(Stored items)
--------------------
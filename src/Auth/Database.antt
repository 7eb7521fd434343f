-- ===== src/Auth/Database.antt =====
-- What the authorization engine asks of database.py, as a parameter: the answers during one event.
use hassio_access_control.Prelude.{ℕ, String, Bool, Option, List, ◌≡◌, refl, ◌⊎◌, inl, inr}
use hassio_access_control.Text.{Text}
use hassio_access_control.Schedule.{Schedule}
use hassio_access_control.Auth.Alarm.{Group}

-- a query returns or raises
pub data Answer (A : Type 0) : Type 0 where
  value : A → Answer A
  raised : Answer A

pub Answer-cases : {A : Type 0} (x : Answer A) → (x ≡ raised) ⊎ ((a : A) × (x ≡ value a))
Answer-cases raised = inl refl
Answer-cases (value a) = inr (a, refl)

pub record User : Type 0 where
  pub id : ℕ
  pub name : String
  pub status : Option Text

-- `LockType` of models.py, and any other text
pub data LockType : Type 0 where
  access_native ha_external other : LockType

pub record Lock : Type 0 where
  pub id : ℕ
  pub name : String
  pub lock_type : LockType
  pub hidden : Bool

-- `AccessRule` of models.py, as far as the engine reads it
pub record Rule : Type 0 where
  pub enabled : Bool
  pub schedule : Schedule

pub record Database : Type 0 where
  pub get_user_by_ulp_id : String → Answer (Option User)
  pub get_user_groups : ℕ → Answer (List Group)
  pub get_group_locks : ℕ → Answer (List ℕ)
  pub get_locks_for_location : String → Answer (List Lock)
  pub get_locks_by_entry_device : String → String → Answer (List Lock)
  pub get_rules_for_user_and_lock : ℕ → ℕ → Answer (Option Rule)
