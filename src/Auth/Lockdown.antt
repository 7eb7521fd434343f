-- ===== src/Auth/Lockdown.antt =====
-- The lockdown of auth_engine.py: `set_lockdown`, `load_persisted_lockdown`, and the check that an
-- unlock makes under the command barrier. The waits of these coroutines are where others run, so
-- each is cut at its waits into the steps of a relation.
pub mod Safety
use hassio_access_control.Prelude.{Bool, true, false, Option, none, some, ◌≡◌, ◌⊎◌}

-- what the row `lockdown` of the table `config` holds
pub data Stored : Type 0 where
  missing zero one : Stored

-- the program counter of the one task that holds `_lockdown_transition_lock`
pub data Transition : Type 0 where
  idle : Transition
  -- the flag is published; next, "1" is written
  publishing : Transition
  -- waits for the barrier; `true` when the write failed
  draining : Bool → Transition
  -- runs the callback that resets the hubs
  enforcing : Bool → Transition
  -- holds the barrier and writes "0"
  disabling : Transition

-- who holds `_command_lock`
pub data Barrier : Type 0 where
  free : Barrier
  -- an unlock has passed its check and its command is on the way
  unlocking : Barrier
  by_transition : Barrier

pub record Engine : Type 0 where
  pub lockdown : Bool
  pub stored : Stored
  pub transition : Transition
  pub barrier : Barrier

abbrev pub is_one : Stored → Bool
is_one one = true
is_one _ = false

-- `load_persisted_lockdown`; `none` when the read raises
unfoldable pub load_persisted_lockdown : Option Stored → Bool
load_persisted_lockdown none = true
load_persisted_lockdown (some value) = is_one value

abbrev pub restarted : Option Stored → Stored → Engine
restarted value stored = record {
  lockdown = load_persisted_lockdown value;
  stored = stored;
  transition = idle;
  barrier = free;
}

-- One step, of an unlock, of a transition, or of the process.
pub data Step (s : Engine) : Engine → Type 0 where
  -- `async with command_lock` and `if self._lockdown: return False` let the command out
  unlock_begin :
      {t : Engine}
      → s.barrier ≡ free
      → s.lockdown ≡ false
      → t ≡ record s { barrier = unlocking }
      → Step s t
  unlock_end : {t : Engine} → s.barrier ≡ unlocking → t ≡ record s { barrier = free } → Step s t
  enable_publish :
      {t : Engine}
      → s.transition ≡ idle
      → t ≡ record s { lockdown = true; transition = publishing }
      → Step s t
  enable_written :
      {t : Engine}
      → s.transition ≡ publishing
      → t ≡ record s { stored = one; transition = draining false }
      → Step s t
  enable_not_written :
      {t : Engine}
      → s.transition ≡ publishing
      → t ≡ record s { transition = draining true }
      → Step s t
  -- takes the barrier and gives it back
  enable_drained :
      {t : Engine} (failing : Bool)
      → s.transition ≡ draining failing
      → s.barrier ≡ free
      → t ≡ record s { transition = enforcing failing }
      → Step s t
  -- `set_lockdown(True)` returns, raises or is cancelled
  enable_returned :
      {t : Engine} (failing : Bool)
      → s.transition ≡ enforcing failing
      → t ≡ record s { transition = idle }
      → Step s t
  -- the caller is cancelled at a wait: the write may have run; a cancelled callback is `enable_returned`
  enable_cancelled :
      {t : Engine} (stored : Stored)
      → s.transition ≡ publishing
      → (stored ≡ s.stored) ⊎ (stored ≡ one)
      → t ≡ record s { stored = stored; transition = idle }
      → Step s t
  drain_cancelled :
      {t : Engine} (failing : Bool)
      → s.transition ≡ draining failing
      → t ≡ record s { transition = idle }
      → Step s t
  disable_cancelled :
      {t : Engine} (stored : Stored)
      → s.transition ≡ disabling
      → (stored ≡ s.stored) ⊎ (stored ≡ zero)
      → t ≡ record s { stored = stored; transition = idle; barrier = free }
      → Step s t
  disable_acquired :
      {t : Engine}
      → s.transition ≡ idle
      → s.barrier ≡ free
      → t ≡ record s { transition = disabling; barrier = by_transition }
      → Step s t
  disable_written :
      {t : Engine}
      → s.transition ≡ disabling
      → t ≡ record s { stored = zero; lockdown = false; transition = idle; barrier = free }
      → Step s t
  disable_not_written :
      {t : Engine}
      → s.transition ≡ disabling
      → t ≡ record s { transition = idle; barrier = free }
      → Step s t
  -- the process dies and starts again; the read of the flag may raise
  restart :
      {t : Engine} (value : Option Stored)
      → (value ≡ none) ⊎ (value ≡ some s.stored)
      → t ≡ restarted value s.stored
      → Step s t

pub data Reach (s : Engine) : Engine → Type 0 where
  here : Reach s s
  next : {t u : Engine} → Reach s t → Step t u → Reach s u

-- steps during which the lockdown stays on
pub data StaysOn (s : Engine) : Engine → Type 0 where
  still : s.lockdown ≡ true → StaysOn s s
  then_on : {t u : Engine} → StaysOn s t → Step t u → u.lockdown ≡ true → StaysOn s u
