-- ===== src/Auth/Lockdown/Safety.antt =====
-- What a lockdown guarantees, over all interleavings of unlocks, transitions, cancellations and
-- restarts.
use hassio_access_control.Prelude.{Bool, true, false, Option, none, some, ◌≡◌, ◌≢◌, ◌⊎◌, arith}
use hassio_access_control.Auth.Lockdown.{
  Stored, one, Transition, publishing, draining, enforcing, disabling, unlocking, by_transition,
  Engine, load_persisted_lockdown, restarted, Step, unlock_begin, unlock_end, enable_publish,
  enable_written, enable_not_written, enable_drained, enable_returned, disable_acquired,
  disable_written, disable_not_written, enable_cancelled, drain_cancelled, disable_cancelled,
  restart, Reach, here, next, StaysOn, still, then_on,
}

-- an enable has published its flag and may still wait for a command that was let out before
abbrev pub waits : Transition → Bool
waits publishing = true
waits (draining failing) = true
waits _ = false

pub record IsSafe (s : Engine) : Type 0 where
  -- while an enable runs its callback the flag is up, and no command is on the way
  pub enforced :
      (failing : Bool)
      → s.transition ≡ enforcing failing
      → (s.lockdown ≡ true) × (s.barrier ≢ unlocking)
  pub raised : waits s.transition ≡ true → s.lockdown ≡ true
  -- a disable holds the barrier
  pub held : s.transition ≡ disabling → s.barrier ≡ by_transition

Step-IsSafe : {s t : Engine} → Step s t → IsSafe s → IsSafe t
Step-IsSafe (unlock_begin b l e) v = ground (arith, v.enforced)
Step-IsSafe (unlock_end b e) v = ground (arith, v.enforced)
Step-IsSafe (enable_publish i e) v = ground (arith, v.enforced)
Step-IsSafe (enable_written p e) v = ground (arith, v.enforced)
Step-IsSafe (enable_not_written p e) v = ground (arith, v.enforced)
Step-IsSafe (enable_drained failing d b e) v = ground (arith, v.enforced failing)
Step-IsSafe (enable_returned failing f e) v = ground (arith, v.enforced failing)
Step-IsSafe (enable_cancelled stored p w e) v = ground (arith, v.enforced)
Step-IsSafe (drain_cancelled failing d e) v = ground (arith, v.enforced)
Step-IsSafe (disable_cancelled stored d w e) v = ground (arith, v.enforced)
Step-IsSafe (disable_acquired i b e) v = ground (arith, v.enforced)
Step-IsSafe (disable_written d e) v = ground (arith, v.enforced)
Step-IsSafe (disable_not_written d e) v = ground (arith, v.enforced)
Step-IsSafe (restart value r e) v = ground (arith, v.enforced)

start-IsSafe : (value : Option Stored) (stored : Stored) → IsSafe (restarted value stored)
start-IsSafe value stored = record {
  enforced = λ failing e. ground arith;
  raised = λ w. ground arith;
  held = λ d. ground arith;
}

Reach-IsSafe : {s t : Engine} → IsSafe s → Reach s t → IsSafe t
Reach-IsSafe v here = v
Reach-IsSafe v (next r st) = Step-IsSafe st (Reach-IsSafe v r)

-- with the flag up, no step lets a command out
Step-quiet :
    {s t : Engine} → Step s t → s.lockdown ≡ true → s.barrier ≢ unlocking → t.barrier ≢ unlocking
Step-quiet (unlock_begin b l e) on q = ground (arith, on, l)
Step-quiet (unlock_end b e) on q = ground (arith, e)
Step-quiet (enable_publish i e) on q = ground (arith, e, q)
Step-quiet (enable_written p e) on q = ground (arith, e, q)
Step-quiet (enable_not_written p e) on q = ground (arith, e, q)
Step-quiet (enable_drained failing d b e) on q = ground (arith, e, q)
Step-quiet (enable_returned failing f e) on q = ground (arith, e, q)
Step-quiet (enable_cancelled stored p w e) on q = ground (arith, e, q)
Step-quiet (drain_cancelled failing d e) on q = ground (arith, e, q)
Step-quiet (disable_cancelled stored d w e) on q = ground (arith, e, q)
Step-quiet (disable_acquired i b e) on q = ground (arith, e, q)
Step-quiet (disable_written d e) on q = ground (arith, e, q)
Step-quiet (disable_not_written d e) on q = ground (arith, e, q)
Step-quiet (restart value r e) on q = ground (arith, e, q)

StaysOn-quiet :
    {s t : Engine}
    → s.barrier ≢ unlocking
    → StaysOn s t
    → (t.lockdown ≡ true) × (t.barrier ≢ unlocking)
StaysOn-quiet q (still on) = (on, q)
StaysOn-quiet q (then_on r st on) =
    let before = StaysOn-quiet q r in (on, Step-quiet st before.0 before.1)

-- Whatever unlocks, transitions, cancellations and restarts happen after a start, in any
-- interleaving: once an enable has drained the barrier and runs its callback, the lockdown is on
-- and no unlock command is on the way, and none is at any later time as long as the lockdown stays
-- on, further transitions, cancellations and restarts included.
pub no_unlock_in_lockdown :
    (value : Option Stored) (stored : Stored) (s t : Engine) (failing : Bool)
    → Reach (restarted value stored) s
    → s.transition ≡ enforcing failing
    → StaysOn s t
    → (s.lockdown ≡ true) × (t.barrier ≢ unlocking)
no_unlock_in_lockdown value stored s t failing r e on =
    let drained = (Reach-IsSafe (start-IsSafe value stored) r).enforced failing e in
    (drained.0, (StaysOn-quiet drained.1 on).1)

-- a start that read what is stored, or could not read it
abbrev pub IsStart : Option Stored → Stored → Type 0
IsStart value stored = (value ≡ none) ⊎ (value ≡ some stored)

pub record IsDurable (s : Engine) : Type 0 where
  pub in_force : s.stored ≡ one → s.lockdown ≡ true
  pub drains : s.transition ≡ draining false → s.stored ≡ one
  pub enforces : s.transition ≡ enforcing false → s.stored ≡ one
  pub up : waits s.transition ≡ true → s.lockdown ≡ true

Step-IsDurable : {s t : Engine} → Step s t → IsDurable s → IsDurable t
Step-IsDurable (unlock_begin b l e) v = ground arith
Step-IsDurable (unlock_end b e) v = ground arith
Step-IsDurable (enable_publish i e) v = ground arith
Step-IsDurable (enable_written p e) v = ground arith
Step-IsDurable (enable_not_written p e) v = ground arith
Step-IsDurable (enable_drained failing d b e) v = ground arith
Step-IsDurable (enable_returned failing f e) v = ground arith
Step-IsDurable (enable_cancelled stored p w e) v = ground arith
Step-IsDurable (drain_cancelled failing d e) v = ground arith
Step-IsDurable (disable_cancelled stored d w e) v = ground arith
Step-IsDurable (disable_acquired i b e) v = ground arith
Step-IsDurable (disable_written d e) v = ground arith
Step-IsDurable (disable_not_written d e) v = ground arith
Step-IsDurable (restart value r e) v = unfold load_persisted_lockdown in ground arith

start-IsDurable :
    (value : Option Stored) (stored : Stored)
    → IsStart value stored
    → IsDurable (restarted value stored)
unfolding load_persisted_lockdown
start-IsDurable value stored h = ground arith

Reach-IsDurable : {s t : Engine} → IsDurable s → Reach s t → IsDurable t
Reach-IsDurable v here = v
Reach-IsDurable v (next r st) = Step-IsDurable st (Reach-IsDurable v r)

-- In every interleaving a durable lockdown is in force, restarts, cancellations and failing reads and writes
-- included; and when an enable has drained the barrier and reports no error of its write, the
-- lockdown is durable.
pub durable_in_force :
    (value : Option Stored) (stored : Stored) (t : Engine)
    → IsStart value stored
    → Reach (restarted value stored) t
    → (t.stored ≡ one → t.lockdown ≡ true) × (t.transition ≡ enforcing false → t.stored ≡ one)
durable_in_force value stored t h r =
    let v = Reach-IsDurable (start-IsDurable value stored h) r in (v.in_force, v.enforces)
--------------------
> **What you should do**: Looking at the entries above, can you reproduce exactly the lines from the one that holds "raised = λ w. ground arith;" through the one that holds "Step-quiet (unlock_begin b", and only those?

> **Your response**:
  raised = λ w. ground arith;
  held = λ d. ground arith;
}

Reach-IsSafe : {s t : Engine} → IsSafe s → Reach s t → IsSafe t
Reach-IsSafe v here = v
Reach-IsSafe v (next r st) = Step-IsSafe st (Reach-IsSafe v r)

-- with the flag up, no step lets a command out
Step-quiet :
    {s t : Engine} → Step s t → s.lockdown ≡ true → s.barrier ≢ unlocking → t.barrier ≢ unlocking
Step-quiet (unlock_begin b l e) on q = ground (arith, on, l)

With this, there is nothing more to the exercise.